Exercise input Block Start

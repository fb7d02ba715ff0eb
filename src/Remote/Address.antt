-- ===== src/Remote/Address.antt =====
-- The resources of `wpa_ctrl_open` over UDP, and the address that it connects to.
use wpa_supplicant_ex.Shared.{
  ℕ, ◌+◌, ◌-◌, ◌≡◌, refl, sym, ap, ◌∙◌, subst, inl, inr, ◌⊎◌, Bool, true, false, List, [], ◌∷◌,
  ◌++◌, Option, none, some, arith, ◌==◌, if◌then◌else◌,
}
use wpa_supplicant_ex.Kernel.{World}
use wpa_supplicant_ex.Kernel.Post.{Post, Post->>=}
use wpa_supplicant_ex.Remote.Requests.{request_udp-Ends}
use wpa_supplicant_ex.Remote.{
  NetEffect, allocate, release, open_socket, close_socket, Network, UdpCtrl, loopback, connect_udp,
  resolve, dial_udp, open_udp, close_udp, set_host_addr, buffer_effect, taken_effect, take_name,
  fetch_ifname, fetch_names, after_dial, get_cookie, ifname, request_udp,
}

-- Blocks of memory and sockets that are held, and releases of what was not.
pub record Held : Type 0 where
  pub memory : ℕ
  pub sockets : ℕ
  pub faults : ℕ

abbrev pub apply : Held → NetEffect → Held
apply h allocate = record h { memory = h.memory + 1 }
apply h open_socket = record h { sockets = h.sockets + 1 }
apply h release =
    if h.memory == 0 then record h { faults = h.faults + 1 } else record h { memory = h.memory - 1 }
apply h (set_host_addr bytes) = h
apply h close_socket =
    if h.sockets == 0
    then record h { faults = h.faults + 1 }
    else record h { sockets = h.sockets - 1 }

abbrev pub held_from : Held → List NetEffect → Held
held_from h [] = h
held_from h (e ∷ log) = held_from (apply h e) log

abbrev pub none_held : Held
none_held = record { memory = 0; sockets = 0; faults = 0 }

held_from-append :
    (h : Held) (a b : List NetEffect) → held_from h (a ++ b) ≡ held_from (held_from h a) b
held_from-append h [] b = refl
held_from-append h (e ∷ a) b = held_from-append (apply h e) a b

-- A string that is held.
abbrev pub owned : Option (List ℕ) → ℕ
owned none = 0
owned (some s) = 1

abbrev pub of_ctrl : UdpCtrl → Held
of_ctrl c = record {
  memory = 1 + owned c.cookie + owned c.remote_ifname + owned c.remote_ip;
  sockets = 1;
  faults = 0;
}

-- A connection to the loopback address, and no more is held than it has.
abbrev pub IsOpen : UdpCtrl → List NetEffect → Type 0
IsOpen c log = (c.dest.addr ≡ loopback) × (held_from none_held log ≡ of_ctrl c)

-- What opening over UDP leaves: nothing, or a connection to the loopback address with its memory, its
-- socket and its strings, all of which closing gives back.
abbrev pub IsBalanced : Option UdpCtrl × List NetEffect → Type 0
IsBalanced o =
    ((o.0 ≡ none) × (held_from none_held o.1 ≡ none_held))
    ⊎ ((c : UdpCtrl) × (o.0 ≡ some c)
        × (c.dest.addr ≡ loopback)
        × (held_from none_held o.1 ≡ of_ctrl c)
        × (held_from none_held (o.1 ++ close_udp c) ≡ none_held))

closes : (c : UdpCtrl) → held_from (of_ctrl c) (close_udp c) ≡ none_held
unfolding close_udp
closes c = ground arith

IsOpen-IsBalanced : (c : UdpCtrl) (log : List NetEffect) → IsOpen c log → IsBalanced (some c, log)
IsOpen-IsBalanced c log h = inr (
  c,
  refl,
  h.0,
  h.1,
  held_from-append none_held log (close_udp c) ∙ ap (λ x. held_from x (close_udp c)) h.1 ∙ closes c,
)

-- Before the requests there are no names.
abbrev pub IsDialed : Option UdpCtrl × List NetEffect → Type 0
IsDialed o =
    ((o.0 ≡ none) × (held_from none_held o.1 ≡ none_held))
    ⊎ ((c : UdpCtrl) × (o.0 ≡ some c) × (c.cookie ≡ none) × (c.remote_ifname ≡ none) × IsOpen c o.1)

pub dial_udp-IsDialed :
    (remote : Bool) (net : Network) (ctrl_path : Option (List ℕ))
    → IsDialed (dial_udp remote net ctrl_path)
unfolding dial_udp resolve connect_udp
dial_udp-IsDialed remote net ctrl_path = ground arith

-- A request and its string leave what was held, and the string.
request-held :
    (h : Held) (malloc : Bool) (cookie name : Option (List ℕ))
    → held_from h (buffer_effect malloc cookie ++ taken_effect name)
      ≡ record h { memory = h.memory + owned name }
request-held h malloc none none = ground arith
request-held h malloc none (some s) = refl
request-held h true (some c) none = ground arith
request-held h true (some c) (some s) = ground arith
request-held h false (some c) none = ground arith
request-held h false (some c) (some s) = refl

requested-held :
    (h : Held) (log : List NetEffect) (malloc : Bool) (cookie name : Option (List ℕ))
    → held_from none_held log ≡ h
    → held_from none_held (log ++ (buffer_effect malloc cookie ++ taken_effect name))
      ≡ record h { memory = h.memory + owned name }
requested-held h log malloc cookie name e =
    held_from-append none_held log (buffer_effect malloc cookie ++ taken_effect name)
    ∙ ap (λ x. held_from x (buffer_effect malloc cookie ++ taken_effect name)) e
    ∙ request-held h malloc cookie name

fetch_ifname-IsBalanced :
    (net : Network) (buf : List ℕ) (len : ℕ) (c : UdpCtrl) (log : List NetEffect) (w : World)
    → c.remote_ifname ≡ none
    → IsOpen c log
    → Post (λ o u. IsBalanced o) (fetch_ifname net buf len c log w)
unfolding fetch_ifname
fetch_ifname-IsBalanced net buf len c log w unnamed h =
    Post->>= (λ r u. Unit) (λ o u. IsBalanced o)
      (request_udp (net.malloc_cmd ifname) c ifname buf len none) _ w
      (request_udp-Ends (net.malloc_cmd ifname) c ifname buf len w)
      (λ r u x.
        let name : Option (List ℕ) = (take_name net.strdup_ifname buf len r).2 in
        IsOpen-IsBalanced (record c { remote_ifname = name })
          (log ++ (buffer_effect (net.malloc_cmd ifname) c.cookie ++ taken_effect name))
          (
            h.0,
            requested-held (of_ctrl c) log (net.malloc_cmd ifname) c.cookie name (h.1)
                ∙ ap (λ n. record (of_ctrl c) { memory = n }) (counted name),
          ))
  where
    counted :
        (name : Option (List ℕ))
        → (of_ctrl c).memory + owned name ≡ (of_ctrl (record c { remote_ifname = name })).memory
    counted name = rw unnamed (omega arith)

fetch_names-IsBalanced :
    (net : Network) (buf : List ℕ) (c : UdpCtrl) (log : List NetEffect) (w : World)
    → c.cookie ≡ none
    → c.remote_ifname ≡ none
    → IsOpen c log
    → Post (λ o u. IsBalanced o) (fetch_names net buf c log w)
unfolding fetch_names
fetch_names-IsBalanced net buf c log w plain unnamed h =
    Post->>= (λ r u. Unit) (λ o u. IsBalanced o)
      (request_udp (net.malloc_cmd get_cookie) c get_cookie buf 127 none) _ w
      (request_udp-Ends (net.malloc_cmd get_cookie) c get_cookie buf 127 w)
      (λ r u x.
        let (b, len, cookie) = take_name net.strdup_cookie buf 127 r in
        fetch_ifname-IsBalanced net b len (record c { cookie = cookie })
          (log ++ (buffer_effect (net.malloc_cmd get_cookie) c.cookie ++ taken_effect cookie)) u
          unnamed
          (
            h.0,
            requested-held (of_ctrl c) log (net.malloc_cmd get_cookie) c.cookie cookie (h.1)
                ∙ ap (λ n. record (of_ctrl c) { memory = n }) (counted cookie),
          ))
  where
    counted :
        (cookie : Option (List ℕ))
        → (of_ctrl c).memory + owned cookie ≡ (of_ctrl (record c { cookie = cookie })).memory
    counted cookie = rw plain (omega arith)

abbrev Fresh : List NetEffect → Option UdpCtrl → Type 0
Fresh log none = ⊥
Fresh log (some c) = (c.cookie ≡ none) × (c.remote_ifname ≡ none) × IsOpen c log

-- Whatever the system, the resolver and the supplicant do, `wpa_ctrl_open` over UDP ends or waits for
-- the kernel in one of its two requests; when it ends, it has failed and released all that it acquired,
-- nothing of it twice, or it gives a connection that holds its memory, its socket and those of its
-- strings that are not NULL, the cookie and the interface name among them, and `wpa_ctrl_close` gives
-- all of that back, nothing of it twice. The connection goes to 127.0.0.1, whatever host `ctrl_path`
-- names and the resolver answers.
pub open_udp-IsBalanced :
    (remote : Bool) (net : Network) (buf : List ℕ) (ctrl_path : Option (List ℕ)) (w : World)
    → Post (λ o u. IsBalanced o) (open_udp remote net buf ctrl_path w)
unfolding open_udp after_dial
open_udp-IsBalanced remote net buf ctrl_path w =
    let (ctrl, log) = dial_udp remote net ctrl_path in
    go ctrl log (dial_udp-IsDialed remote net ctrl_path)
  where
    go :
        (ctrl : Option UdpCtrl) (log : List NetEffect)
        → IsDialed (ctrl, log)
        → Post (λ o u. IsBalanced o) (after_dial net buf ctrl log w)
    go none log (inl h) = inl h
    go none log (inr (c, e, plain, unnamed, is_open)) = ground arith
    go (some c) log (inl h) = ground arith
    go (some c) log (inr (d, e, rest0, rest1, rest2)) =
        let (plain, unnamed, is_open) = subst (Fresh log) (sym e) (rest0, rest1, rest2) in
        fetch_names-IsBalanced net buf c log w plain unnamed is_open
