-- ===== src/Remote/Names.antt =====
-- The requests at the end of `wpa_ctrl_open` over UDP, and the cookie ahead of a command.
use wpa_supplicant_ex.Shared.{
  ℕ, zero, suc, ◌+◌, ◌-◌, ◌≡◌, refl, ap, ◌∙◌, List, [], ◌∷◌, ◌++◌, some, arith, length, set,
  overwrite, put_at, replicate, ap₂, ==-ne, take-all,
}
use wpa_supplicant_ex.Strings.{os_strlcpy}
use wpa_supplicant_ex.Strings.Copy.{os_strlcpy_lem}
use wpa_supplicant_ex.Remote.{with_cookie}

overwrite_all : (xs : List ℕ) (size : ℕ) → size ≡ length xs → overwrite xs (replicate size 0) ≡ xs
overwrite_all [] zero h = refl
overwrite_all [] (suc size) h = absurd (omega arith)
overwrite_all (x ∷ xs) zero h = absurd (omega arith)
overwrite_all (x ∷ xs) (suc size) h = ap (◌∷◌ x) (overwrite_all xs size (omega arith))

joined :
    (cookie cmd : List ℕ) (size : ℕ)
    → size ≡ length cookie + 1 + length cmd
    → put_at
        (suc (length cookie))
        cmd
        (set (overwrite (cookie ++ (0 ∷ [])) (replicate size 0)) (length cookie) b' ')
      ≡ cookie ++ (b' ' ∷ cmd)
joined cookie cmd zero h = absurd (omega arith)
joined [] cmd (suc size) h = ap (◌∷◌ b' ') (overwrite_all cmd size (omega arith))
joined (c ∷ cookie) cmd (suc size) h = ap (◌∷◌ c) (joined cookie cmd size (omega arith))

-- A command behind a cookie is the cookie, a space and the command.
pub with_cookie_lem : (cookie cmd : List ℕ) → with_cookie (some cookie) cmd ≡ cookie ++ (b' ' ∷ cmd)
unfolding with_cookie
with_cookie_lem cookie cmd =
    ap₂ (λ i buf. put_at i cmd (set buf (length cookie) b' ')) place copied
    ∙ joined cookie cmd len refl
  where
    len : ℕ
    len = length cookie + 1 + length cmd

    place : length cookie + 1 ≡ suc (length cookie)
    place = omega arith

    copied :
        (os_strlcpy (replicate len 0) cookie len).0
        ≡ overwrite (cookie ++ (0 ∷ [])) (replicate len 0)
    copied =
        ap (λ r. r.0) (os_strlcpy_lem (replicate len 0) cookie len)
        ∙ rw (==-ne len 0 (omega arith)) (
            ap (λ s. overwrite (s ++ (0 ∷ [])) (replicate len 0))
              (take-all (len - 1) cookie (omega arith)))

Exercise input Block End

Your goal
Take each line above that contains "joined" and copy it out.

Problem solution
joined :
joined cookie cmd zero h = absurd (omega arith)
joined [] cmd (suc size) h = ap (◌∷◌ b' ') (overwrite_all cmd size (omega arith))
joined (c ∷ cookie) cmd (suc size) h = ap (◌∷◌ c) (joined cookie cmd size (omega arith))
    ∙ joined cookie cmd len refl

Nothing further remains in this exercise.